They are probably threatening to arrest people / ban Facebook if there are any
maps of Kurdistan posted.

------
brashrat
I thought this headline was referring to what I think is a more insidious form
of moderation, the type that's practiced here on ycombinator with regard to
style, for example, negativity is punished broadly here.

The reason I find it more insidious is that it affects the speech of and acts
to silence even moderate people. Extreme speech is easy to spot; but when
moderate speech encounters headwinds that divert its path, that's creepy.

I understand the goals here, don't need them explained, just pointing out that
slashdot in its heyday was a terrific and informative resource and it did not
resort to stifling.

------
dba7dba
1\. Breaking rules

When the article starts out with the story of Youtube, you read about the
lists the moderators working off of to keep certain materials out of Youtube.
And something was missing on the list. Any guess?

Yes, _copyrighted material_. I knew a guy who used to work at a competitor of
Youtube. That startup was started by a Hollywood veteran (naturally), meaning
he was very conscious of respecting copyrights. Youtube didn't care about
copyrights, which started the upward spiral of more viewers, more uploads, and
more viewers.

The end story is that Youtube took off, being bought off at a billion and
making the founders rich.

Mixed feelings about this. Break rules to beat others in the game, and you end
up winning. And most will agree this is not cool. And yet, because of rule
breakers (some, not all), our world is advancing.

A comment I read in a comment section, that I saw that was funny. "When
someone else cheats, it's adultery. When I cheat, it's romance"

After this this story, I've come up with following: "When someone else break
rules, it's cheating. When I break rules, it's innovation"

2\. No chance for moderation

And then there's the other part in the world of moderation, in which certain
stories are not even given a chance for moderators to review.

NYT (New York Times) has abundant and quality comments on news articles.
However, if you hang out there long enough, you will notice a trend.
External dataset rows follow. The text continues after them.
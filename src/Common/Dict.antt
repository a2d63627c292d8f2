-- ===== src/Common/Dict.antt =====
-- Go's `map[string]V` as an association list. The order of its entries is that of one iteration:
-- Go leaves the order open, so no statement may rest on it.
use Prim.Native.String.{String}
use mathlib.Core.Path.{◌≡◌, refl}
use mathlib.Core.Option.{Option, none, some}
use mathlib.Core.List.{List, [], ◌∷◌}
use native.Mathlib.Omega.{arith}
use text.Mathlib.TextEquality.{eq_iff}
use margo_hello_world.Common.Tests.{◌==◌, words, if◌then◌else◌}

abbrev pub Dict {ℓ} : Type ℓ → Type ℓ
Dict V = List (String × V)

module _ {ℓ} {V : Type ℓ} where
  -- v, ok := m[k]
  unfoldable pub lookup : String → Dict V → Option V
  lookup key [] = none
  lookup key (e ∷ rest) = if e.0 == key then some e.1 else lookup key rest

  -- m[k] = v
  unfoldable pub insert : String → V → Dict V → Dict V
  insert key new [] = (key, new) ∷ []
  insert key new (e ∷ rest) =
      let kept = insert key new rest in if e.0 == key then (key, new) ∷ rest else e ∷ kept

  -- delete(m, k)
  unfoldable pub delete : String → Dict V → Dict V
  delete key [] = []
  delete key (e ∷ rest) = let kept = delete key rest in if e.0 == key then kept else e ∷ kept

  module _ (key other : String) where
    pub lookup-insert :
        (new : V) (d : Dict V)
        → lookup other (insert key new d) ≡ (if key == other then some new else lookup other d)
    unfolding lookup insert
    lookup-insert new [] = refl
    lookup-insert new (e ∷ rest) =
        ground (arith, lookup-insert new rest, eq_iff e.0 key, eq_iff e.0 other, eq_iff key other)

    pub lookup-delete :
        (d : Dict V) → lookup other (delete key d) ≡ (if key == other then none else lookup other d)
    unfolding lookup delete
    lookup-delete [] = ground arith
    lookup-delete (e ∷ rest) =
        ground (arith, lookup-delete rest, eq_iff e.0 key, eq_iff e.0 other, eq_iff key other)
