-- ===== src/Ent.antt =====
-- ent/schema: what the database client knows of its tables, and the two tables of deployment states;
-- the other tables are in Ent/Tables. The client is generated from these files: Ent/Mutation,
-- Ent/Create and Ent/Update have its code for the two, Ent/Upsert and Ent/Query more of it.
pub mod Tables
pub mod Mutation
pub mod Create
pub mod Update
pub mod Fields
pub mod Query
pub mod Upsert
pub mod Client
use margo_hello_world.Common.{
  String, List, [], ◌∷◌, Bool, true, false, Option, none, some, ◌==◌, words, any,
}

-- Default of a field: a constant, or a function that yields the time.
pub data Default : Type 0 where
  no_default : Default
  constant : String → Default
  time_now : Default

-- field.String and the like; `go_type` is the type of the generated setter.
pub record Field : Type 0 where
  pub column : String
  pub go_type : String
  pub is_optional : Bool
  pub fallback : Default
  pub on_update : Default
  pub not_empty : Bool
  pub is_unique : Bool

-- edge.To and edge.From; an edge with Field("…") is kept in that field.
pub record Edge : Type 0 where
  pub name : String
  pub is_to_one : Bool
  pub is_required : Bool
  pub in_field : Option String

pub record EntSchema : Type 0 where
  pub type_name : String
  pub table : String
  pub id_type : String
  pub id_generated : Bool
  pub fields : List Field
  pub edges : List Edge

abbrev pub string_type : String
string_type = "string"

abbrev pub time_type : String
time_type = "time.Time"

abbrev pub uuid_type : String
uuid_type = "uuid.UUID"

unfoldable pub required : String → String → Field
required column go_type = record {
  column = column;
  go_type = go_type;
  is_optional = false;
  fallback = no_default;
  on_update = no_default;
  not_empty = false;
  is_unique = false;
}

unfoldable pub optional : String → String → Field
unfolding required
optional column go_type = record (required column go_type) { is_optional = true }

unfoldable pub edge_to : String → Edge
edge_to name = record { name = name; is_to_one = false; is_required = false; in_field = none }

-- edge.From(…).Ref(…).Unique().Field(column)
unfoldable pub edge_from : String → String → Edge
edge_from name column = record {
  name = name;
  is_to_one = true;
  is_required = false;
  in_field = some column;
}

-- The times that both tables of states have: Default(time.Now), and UpdateDefault of the second.
unfoldable pub state_times : List Field
unfolding required
state_times =
    record (required "created_at" time_type) { fallback = time_now }
    ∷ record (required "updated_at" time_type) { fallback = time_now; on_update = time_now }
    ∷ []

-- The state and the error that both have.
unfoldable pub state_fields : List Field
unfolding required optional state_times
state_fields =
    record (required "state" string_type) { fallback = constant "pending" }
    ∷ optional "error_code" string_type
    ∷ optional "error_message" string_type
    ∷ state_times

unfoldable pub component_status_schema : EntSchema
unfolding required state_fields
component_status_schema = record {
  type_name = "DeploymentComponentStatus";
  table = "deployment_component_status";
  id_type = uuid_type;
  id_generated = true;
  fields = record (required "name" string_type) { not_empty = true } ∷ state_fields;
  edges =
      record { name = "deployment"; is_to_one = true; is_required = true; in_field = none } ∷ [];
}

unfoldable pub deployment_status_schema : EntSchema
unfolding state_fields edge_to
deployment_status_schema = record {
  type_name = "DeploymentStatus";
  table = "deployment_status";
  id_type = uuid_type;
  id_generated = true;
  fields = state_fields;
  edges = edge_to "components" ∷ [];
}
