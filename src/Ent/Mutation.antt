-- ===== src/Ent/Mutation.antt =====
-- ent/mutation.go: DeploymentComponentStatusMutation. What it does by the name of a field is the
-- same for each field of a schema, so that the schema is an argument; DeploymentStatusMutation is
-- generated from the same template. An entity that is loaded is a dictionary of its fields.
use margo_hello_world.Common.{
  String, List, [], ◌∷◌, Bool, true, false, Option, none, some, ◌==◌, words, if◌then◌else◌, ◌⊎◌,
  inl, inr, keep, map,
}
use margo_hello_world.Common.Texts.{concat}
use margo_hello_world.Common.Dict.{Dict, lookup, insert, delete}
use margo_hello_world.Ent.{Field, EntSchema}

-- ent.Value: a value with the name of its type.
pub record Value : Type 0 where
  pub held_type : String
  pub content : String

pub data Op : Type 0 where
  op_create op_update op_update_one op_delete op_delete_one : Op

abbrev pub is_update_one : Op → Bool
is_update_one op_update_one = true
is_update_one op_create = false
is_update_one op_update = false
is_update_one op_delete = false
is_update_one op_delete_one = false

-- oldValue: a query of the entity, which withDeploymentComponentStatusID makes on the first call, or
-- the entity that withDeploymentComponentStatus was given.
pub data Source : Type 0 where
  queries : String ⊎ Dict Value → Source
  given : Dict Value → Source

-- The pointers of the fields are the values that are set, a nil pointer being a key that is missing.
pub record Mutation : Type 0 where
  pub op : Op
  pub id : Option String
  pub values : Dict Value
  pub cleared_fields : Dict Bool
  pub deployment : Option String
  pub cleared_deployment : Bool
  pub done : Bool
  pub old_value : Option Source

-- newDeploymentComponentStatusMutation
unfoldable pub new_mutation : Op → Mutation
new_mutation op = record {
  op = op;
  id = none;
  values = [];
  cleared_fields = [];
  deployment = none;
  cleared_deployment = false;
  done = false;
  old_value = none;
}

-- withDeploymentComponentStatusID and withDeploymentComponentStatus
unfoldable pub with_old : String → Source → Mutation → Mutation
with_old id source m = record m { id = some id; old_value = some source }

-- m.oldValue(ctx)
unfoldable pub load_old : Source → Mutation → String ⊎ Dict Value
load_old (queries loaded) m =
    if m.done then inl "querying old values post mutation is not allowed" else loaded
load_old (given row) m = inr row

unfoldable pub set_id : String → Mutation → Mutation
set_id id m = record m { id = some id }

-- SetName, SetState, SetErrorCode and so on: a field that was cleared stays among those.
unfoldable pub set_value : String → Value → Mutation → Mutation
set_value column v m = record m { values = insert column v m.values }

-- Name, State, ErrorCode and so on
unfoldable pub get_value : String → Mutation → Option Value
get_value column m = lookup column m.values

-- An error of OldName and so on.
abbrev pub old_error : String → String → String
old_error column rest = concat ("Old" ∷ column ∷ rest ∷ [])

-- The entity that was loaded, or the error, which is wrapped.
abbrev pub old_column : String → String ⊎ Dict Value → String ⊎ Option Value
old_column column (inl e) = inl (concat ("querying old value for Old" ∷ column ∷ ": " ∷ e ∷ []))
old_column column (inr row) = inr (lookup column row)

-- OldName, OldState and so on, with the column in place of the name of the method; `none` is a column
-- that the row does not have.
unfoldable pub old_value_of : String → Mutation → String ⊎ Option Value
unfolding load_old
old_value_of column m =
    if is_update_one m.op
    then elim m.id [
      | none ↦ inl (old_error column " requires an ID field in the mutation")
      | some _ ↦ elim m.old_value [
        | none ↦ inl (old_error column " requires an ID field in the mutation")
        | some source ↦ old_column column (load_old source m)
      ]
    ]
    else inl (old_error column " is only allowed on UpdateOne operations")

-- ClearErrorCode and ClearErrorMessage
unfoldable pub clear_value : String → Mutation → Mutation
clear_value column m = record m {
  values = delete column m.values;
  cleared_fields = insert column true m.cleared_fields;
}

-- ResetName, ResetErrorCode and so on. A field that is not optional is never among the cleared.
unfoldable pub reset_value : String → Mutation → Mutation
reset_value column m = record m {
  values = delete column m.values;
  cleared_fields = delete column m.cleared_fields;
}

unfoldable pub set_deployment_id : String → Mutation → Mutation
set_deployment_id id m = record m { deployment = some id }

unfoldable pub clear_deployment : Mutation → Mutation
clear_deployment m = record m { cleared_deployment = true }

-- DeploymentIDs
unfoldable pub deployment_ids : Mutation → List String
deployment_ids m = elim m.deployment [ none ↦ [] | some id ↦ id ∷ [] ]

unfoldable pub reset_deployment : Mutation → Mutation
reset_deployment m = record m { deployment = none; cleared_deployment = false }

abbrev pub is_some : {A : Type 0} → Option A → Bool
is_some none = false
is_some (some _) = true

-- Fields: those that are set, in the order of the schema.
unfoldable pub fields_of : List Field → Mutation → List String
fields_of fs m = map (λ f. f.column) (keep (λ f. is_some (lookup f.column m.values)) fs)

-- The case of a switch over the names of the fields.
unfoldable pub find_field : String → List Field → Option Field
find_field name [] = none
find_field name (f ∷ fs) = if f.column == name then some f else find_field name fs

-- Field
unfoldable pub field_of : List Field → String → Mutation → Option Value
field_of fs name m = elim (find_field name fs) [ none ↦ none | some f ↦ lookup name m.values ]

abbrev pub unknown_field : EntSchema → String → String → String
unknown_field S kind name = concat ("unknown " ∷ S.type_name ∷ kind ∷ name ∷ [])

-- OldField
unfoldable pub old_field : EntSchema → String → Mutation → String ⊎ Option Value
unfolding old_value_of
old_field S name m = elim (find_field name S.fields) [
  | none ↦ inl (unknown_field S " field " name)
  | some f ↦ old_value_of name m
]

-- SetField
unfoldable pub set_field : EntSchema → String → Value → Mutation → Mutation × Option String
unfolding set_value
set_field S name v m = elim (find_field name S.fields) [
  | none ↦ (m, some (unknown_field S " field " name))
  | some f ↦
      if v.held_type == f.go_type
      then (set_value name v m, none)
      else (m, some (concat ("unexpected type " ∷ v.held_type ∷ " for field " ∷ name ∷ [])))
]

-- AddField: neither table has a numeric field.
unfoldable pub add_field : EntSchema → String → Value → Mutation → Mutation × Option String
add_field S name v m = (m, some (unknown_field S " numeric field " name))

-- FieldCleared
unfoldable pub field_cleared : String → Mutation → Bool
field_cleared name m = is_some (lookup name m.cleared_fields)

-- ClearedFields
unfoldable pub cleared_fields_of : List Field → Mutation → List String
unfolding field_cleared
cleared_fields_of fs m =
    map (λ f. f.column) (keep (λ f. field_cleared f.column m) (keep (λ f. f.is_optional) fs))

-- ClearField
unfoldable pub clear_field : EntSchema → String → Mutation → Mutation × Option String
unfolding clear_value
clear_field S name m = elim (find_field name S.fields) [
  | none ↦ (m, some (unknown_field S " nullable field " name))
  | some f ↦
      if f.is_optional
      then (clear_value name m, none)
      else (m, some (unknown_field S " nullable field " name))
]

-- ResetField
unfoldable pub reset_field : EntSchema → String → Mutation → Mutation × Option String
unfolding reset_value
reset_field S name m = elim (find_field name S.fields) [
  | none ↦ (m, some (unknown_field S " field " name))
  | some f ↦ (reset_value name m, none)
]

abbrev pub edge_deployment : String
edge_deployment = "deployment"

-- AddedEdges
unfoldable pub added_edges : Mutation → List String
added_edges m = elim m.deployment [ none ↦ [] | some _ ↦ edge_deployment ∷ [] ]

-- AddedIDs
unfoldable pub added_ids : String → Mutation → List String
unfolding deployment_ids
added_ids name m = if name == edge_deployment then deployment_ids m else []

-- ClearedEdges
unfoldable pub cleared_edges : Mutation → List String
cleared_edges m = if m.cleared_deployment then edge_deployment ∷ [] else []

-- EdgeCleared
unfoldable pub edge_cleared : String → Mutation → Bool
edge_cleared name m = if name == edge_deployment then m.cleared_deployment else false

-- ClearEdge
unfoldable pub clear_edge : EntSchema → String → Mutation → Mutation × Option String
unfolding clear_deployment
clear_edge S name m =
    if name == edge_deployment
    then (clear_deployment m, none)
    else (m, some (unknown_field S " unique edge " name))

-- ResetEdge
unfoldable pub reset_edge : EntSchema → String → Mutation → Mutation × Option String
unfolding reset_deployment
reset_edge S name m =
    if name == edge_deployment
    then (reset_deployment m, none)
    else (m, some (unknown_field S " edge " name))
Certain stories that don't help the goal of NYT don't get comments section at
all. And if a story's comment section gets filled up with comments that seem
to be hurting the agenda of that particular article, the comments section
closes rather quickly.

And then there's Fox News. They don't even allow any way to post comments.

This kind of social engineering has been going on since humans became social
animals, but with technology in the mix, those in power get more powerful.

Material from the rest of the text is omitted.